*How to complete this task*
Given the records below, would you repeat exactly the lines that begin at the one containing "rg_start = minus_one;" and end at the one containing "init_mm-kept pgd freerg lru = (refl, refl)", inclusive?

(Stored items from a collection)
────────

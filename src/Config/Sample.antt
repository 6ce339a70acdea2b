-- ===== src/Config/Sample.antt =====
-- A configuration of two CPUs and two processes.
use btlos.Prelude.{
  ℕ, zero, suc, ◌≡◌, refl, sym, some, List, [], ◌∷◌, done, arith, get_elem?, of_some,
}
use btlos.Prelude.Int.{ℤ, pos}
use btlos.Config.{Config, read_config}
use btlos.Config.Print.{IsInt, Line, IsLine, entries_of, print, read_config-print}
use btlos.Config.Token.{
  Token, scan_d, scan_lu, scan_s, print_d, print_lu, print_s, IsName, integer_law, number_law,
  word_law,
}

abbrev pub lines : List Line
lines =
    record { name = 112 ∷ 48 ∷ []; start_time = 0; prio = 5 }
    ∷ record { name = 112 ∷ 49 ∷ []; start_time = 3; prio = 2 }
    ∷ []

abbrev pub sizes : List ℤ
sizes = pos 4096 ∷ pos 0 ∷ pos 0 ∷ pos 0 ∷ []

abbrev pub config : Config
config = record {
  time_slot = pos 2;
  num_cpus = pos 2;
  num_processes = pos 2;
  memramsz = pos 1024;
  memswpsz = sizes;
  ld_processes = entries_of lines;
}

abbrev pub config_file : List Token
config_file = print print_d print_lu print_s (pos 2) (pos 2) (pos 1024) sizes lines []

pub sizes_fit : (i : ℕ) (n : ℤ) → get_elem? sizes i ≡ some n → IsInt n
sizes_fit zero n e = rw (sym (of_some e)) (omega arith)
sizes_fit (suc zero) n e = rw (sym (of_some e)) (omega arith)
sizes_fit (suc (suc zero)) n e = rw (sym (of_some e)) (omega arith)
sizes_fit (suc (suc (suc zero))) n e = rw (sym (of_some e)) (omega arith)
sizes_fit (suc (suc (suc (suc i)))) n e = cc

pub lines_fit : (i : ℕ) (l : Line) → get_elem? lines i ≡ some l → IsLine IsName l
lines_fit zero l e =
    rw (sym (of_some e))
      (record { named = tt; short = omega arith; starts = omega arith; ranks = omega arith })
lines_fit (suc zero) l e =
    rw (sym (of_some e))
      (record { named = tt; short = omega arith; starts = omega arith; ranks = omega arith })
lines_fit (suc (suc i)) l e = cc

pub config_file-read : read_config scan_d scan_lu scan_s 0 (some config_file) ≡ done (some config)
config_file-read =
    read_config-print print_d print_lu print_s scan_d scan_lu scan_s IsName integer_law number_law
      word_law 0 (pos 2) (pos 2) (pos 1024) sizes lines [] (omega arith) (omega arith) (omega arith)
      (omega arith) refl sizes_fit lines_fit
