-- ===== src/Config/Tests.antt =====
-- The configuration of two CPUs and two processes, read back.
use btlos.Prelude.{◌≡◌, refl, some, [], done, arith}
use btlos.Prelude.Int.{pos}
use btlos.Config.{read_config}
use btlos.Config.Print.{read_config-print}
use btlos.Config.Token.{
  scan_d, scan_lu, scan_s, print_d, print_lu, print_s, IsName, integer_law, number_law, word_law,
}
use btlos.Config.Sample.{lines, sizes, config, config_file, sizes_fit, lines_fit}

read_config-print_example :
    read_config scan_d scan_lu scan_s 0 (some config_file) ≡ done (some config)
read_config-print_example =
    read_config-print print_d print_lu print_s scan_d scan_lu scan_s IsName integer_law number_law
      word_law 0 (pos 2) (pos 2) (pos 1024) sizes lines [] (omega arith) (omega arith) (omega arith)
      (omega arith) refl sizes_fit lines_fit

────────

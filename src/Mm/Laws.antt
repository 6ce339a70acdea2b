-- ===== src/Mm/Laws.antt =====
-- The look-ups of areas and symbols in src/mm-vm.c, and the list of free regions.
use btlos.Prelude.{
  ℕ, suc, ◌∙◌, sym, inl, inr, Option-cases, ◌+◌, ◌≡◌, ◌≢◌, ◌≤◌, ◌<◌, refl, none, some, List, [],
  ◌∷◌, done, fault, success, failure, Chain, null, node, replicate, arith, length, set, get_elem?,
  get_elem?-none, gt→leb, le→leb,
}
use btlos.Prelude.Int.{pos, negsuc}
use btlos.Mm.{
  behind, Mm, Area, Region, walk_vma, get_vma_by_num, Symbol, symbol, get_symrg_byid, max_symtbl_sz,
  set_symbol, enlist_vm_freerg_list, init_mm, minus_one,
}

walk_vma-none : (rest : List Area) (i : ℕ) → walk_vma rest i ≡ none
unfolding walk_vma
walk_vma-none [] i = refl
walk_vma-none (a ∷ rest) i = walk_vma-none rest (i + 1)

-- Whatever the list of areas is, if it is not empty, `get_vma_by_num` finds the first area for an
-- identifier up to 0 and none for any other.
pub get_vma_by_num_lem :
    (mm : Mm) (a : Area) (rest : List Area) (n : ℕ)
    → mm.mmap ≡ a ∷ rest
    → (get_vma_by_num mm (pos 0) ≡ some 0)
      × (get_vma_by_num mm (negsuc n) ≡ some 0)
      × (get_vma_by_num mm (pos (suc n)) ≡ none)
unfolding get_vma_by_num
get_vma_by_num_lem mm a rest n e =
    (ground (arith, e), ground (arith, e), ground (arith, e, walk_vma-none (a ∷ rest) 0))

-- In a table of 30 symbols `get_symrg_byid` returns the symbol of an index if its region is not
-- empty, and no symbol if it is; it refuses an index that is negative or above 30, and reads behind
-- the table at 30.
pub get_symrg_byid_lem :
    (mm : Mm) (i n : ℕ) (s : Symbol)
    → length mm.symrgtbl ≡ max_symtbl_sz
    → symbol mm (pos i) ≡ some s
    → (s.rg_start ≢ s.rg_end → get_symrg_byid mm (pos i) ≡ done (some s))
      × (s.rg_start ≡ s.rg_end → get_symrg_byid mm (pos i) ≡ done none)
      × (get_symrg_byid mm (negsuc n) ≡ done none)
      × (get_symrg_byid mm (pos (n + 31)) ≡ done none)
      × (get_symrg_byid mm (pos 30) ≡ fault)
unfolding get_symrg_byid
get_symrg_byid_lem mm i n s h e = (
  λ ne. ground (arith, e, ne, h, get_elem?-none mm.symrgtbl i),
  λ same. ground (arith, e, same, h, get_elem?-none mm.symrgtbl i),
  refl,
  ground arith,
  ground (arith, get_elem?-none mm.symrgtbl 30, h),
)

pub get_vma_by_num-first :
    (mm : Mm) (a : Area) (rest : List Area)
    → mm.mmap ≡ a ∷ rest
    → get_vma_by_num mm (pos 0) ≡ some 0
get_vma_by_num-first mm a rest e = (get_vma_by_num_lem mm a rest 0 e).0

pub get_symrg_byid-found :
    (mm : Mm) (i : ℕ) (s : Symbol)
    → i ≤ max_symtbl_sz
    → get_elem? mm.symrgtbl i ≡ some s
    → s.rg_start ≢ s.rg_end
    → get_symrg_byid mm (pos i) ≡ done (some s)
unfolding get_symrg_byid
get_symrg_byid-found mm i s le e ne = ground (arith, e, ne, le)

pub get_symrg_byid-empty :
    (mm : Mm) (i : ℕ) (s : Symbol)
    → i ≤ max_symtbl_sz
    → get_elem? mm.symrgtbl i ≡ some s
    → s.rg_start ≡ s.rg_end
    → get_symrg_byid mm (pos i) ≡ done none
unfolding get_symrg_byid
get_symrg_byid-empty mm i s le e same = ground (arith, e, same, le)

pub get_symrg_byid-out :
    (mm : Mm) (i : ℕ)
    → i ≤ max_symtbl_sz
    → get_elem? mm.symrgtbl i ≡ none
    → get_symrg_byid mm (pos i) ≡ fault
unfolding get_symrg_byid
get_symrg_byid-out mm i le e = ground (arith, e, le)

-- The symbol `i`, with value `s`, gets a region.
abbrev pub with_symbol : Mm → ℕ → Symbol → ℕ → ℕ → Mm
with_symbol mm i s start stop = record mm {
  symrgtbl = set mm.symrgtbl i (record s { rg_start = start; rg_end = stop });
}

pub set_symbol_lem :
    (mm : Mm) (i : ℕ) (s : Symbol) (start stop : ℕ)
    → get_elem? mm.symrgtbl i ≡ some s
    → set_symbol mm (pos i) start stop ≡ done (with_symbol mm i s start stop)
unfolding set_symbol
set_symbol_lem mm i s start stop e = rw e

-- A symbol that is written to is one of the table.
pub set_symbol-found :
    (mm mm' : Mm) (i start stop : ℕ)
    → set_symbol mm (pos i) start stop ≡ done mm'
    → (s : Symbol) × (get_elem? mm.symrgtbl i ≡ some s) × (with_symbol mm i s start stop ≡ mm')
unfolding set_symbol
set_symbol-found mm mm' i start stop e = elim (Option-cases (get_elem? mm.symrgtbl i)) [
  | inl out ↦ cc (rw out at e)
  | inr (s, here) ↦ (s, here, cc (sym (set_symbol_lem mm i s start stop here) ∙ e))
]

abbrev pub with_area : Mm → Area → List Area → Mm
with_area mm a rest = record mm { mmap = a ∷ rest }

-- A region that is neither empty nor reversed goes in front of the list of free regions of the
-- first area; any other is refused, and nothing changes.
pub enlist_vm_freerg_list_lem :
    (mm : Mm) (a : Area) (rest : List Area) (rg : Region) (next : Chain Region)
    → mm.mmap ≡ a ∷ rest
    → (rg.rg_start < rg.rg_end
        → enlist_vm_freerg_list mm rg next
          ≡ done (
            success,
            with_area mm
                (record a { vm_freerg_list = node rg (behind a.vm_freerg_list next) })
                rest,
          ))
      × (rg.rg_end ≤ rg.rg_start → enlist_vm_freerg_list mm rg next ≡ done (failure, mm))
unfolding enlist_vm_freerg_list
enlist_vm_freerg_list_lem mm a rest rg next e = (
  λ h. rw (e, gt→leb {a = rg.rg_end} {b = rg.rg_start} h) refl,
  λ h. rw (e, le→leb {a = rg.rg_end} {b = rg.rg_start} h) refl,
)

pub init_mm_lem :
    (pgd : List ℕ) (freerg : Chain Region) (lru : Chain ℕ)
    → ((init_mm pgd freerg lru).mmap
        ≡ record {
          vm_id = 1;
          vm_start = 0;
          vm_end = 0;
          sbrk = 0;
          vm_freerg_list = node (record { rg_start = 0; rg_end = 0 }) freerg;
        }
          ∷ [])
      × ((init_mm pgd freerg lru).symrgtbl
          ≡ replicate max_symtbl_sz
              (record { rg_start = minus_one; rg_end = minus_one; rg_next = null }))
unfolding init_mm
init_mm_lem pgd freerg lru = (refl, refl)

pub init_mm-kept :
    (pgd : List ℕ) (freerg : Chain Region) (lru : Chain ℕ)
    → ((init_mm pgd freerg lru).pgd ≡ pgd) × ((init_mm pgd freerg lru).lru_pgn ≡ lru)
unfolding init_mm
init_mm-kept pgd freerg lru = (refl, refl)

────────

*Exercise result*
              (record { rg_start = minus_one; rg_end = minus_one; rg_next = null }))
unfolding init_mm
init_mm_lem pgd freerg lru = (refl, refl)

pub init_mm-kept :
    (pgd : List ℕ) (freerg : Chain Region) (lru : Chain ℕ)
    → ((init_mm pgd freerg lru).pgd ≡ pgd) × ((init_mm pgd freerg lru).lru_pgn ≡ lru)
unfolding init_mm
init_mm-kept pgd freerg lru = (refl, refl)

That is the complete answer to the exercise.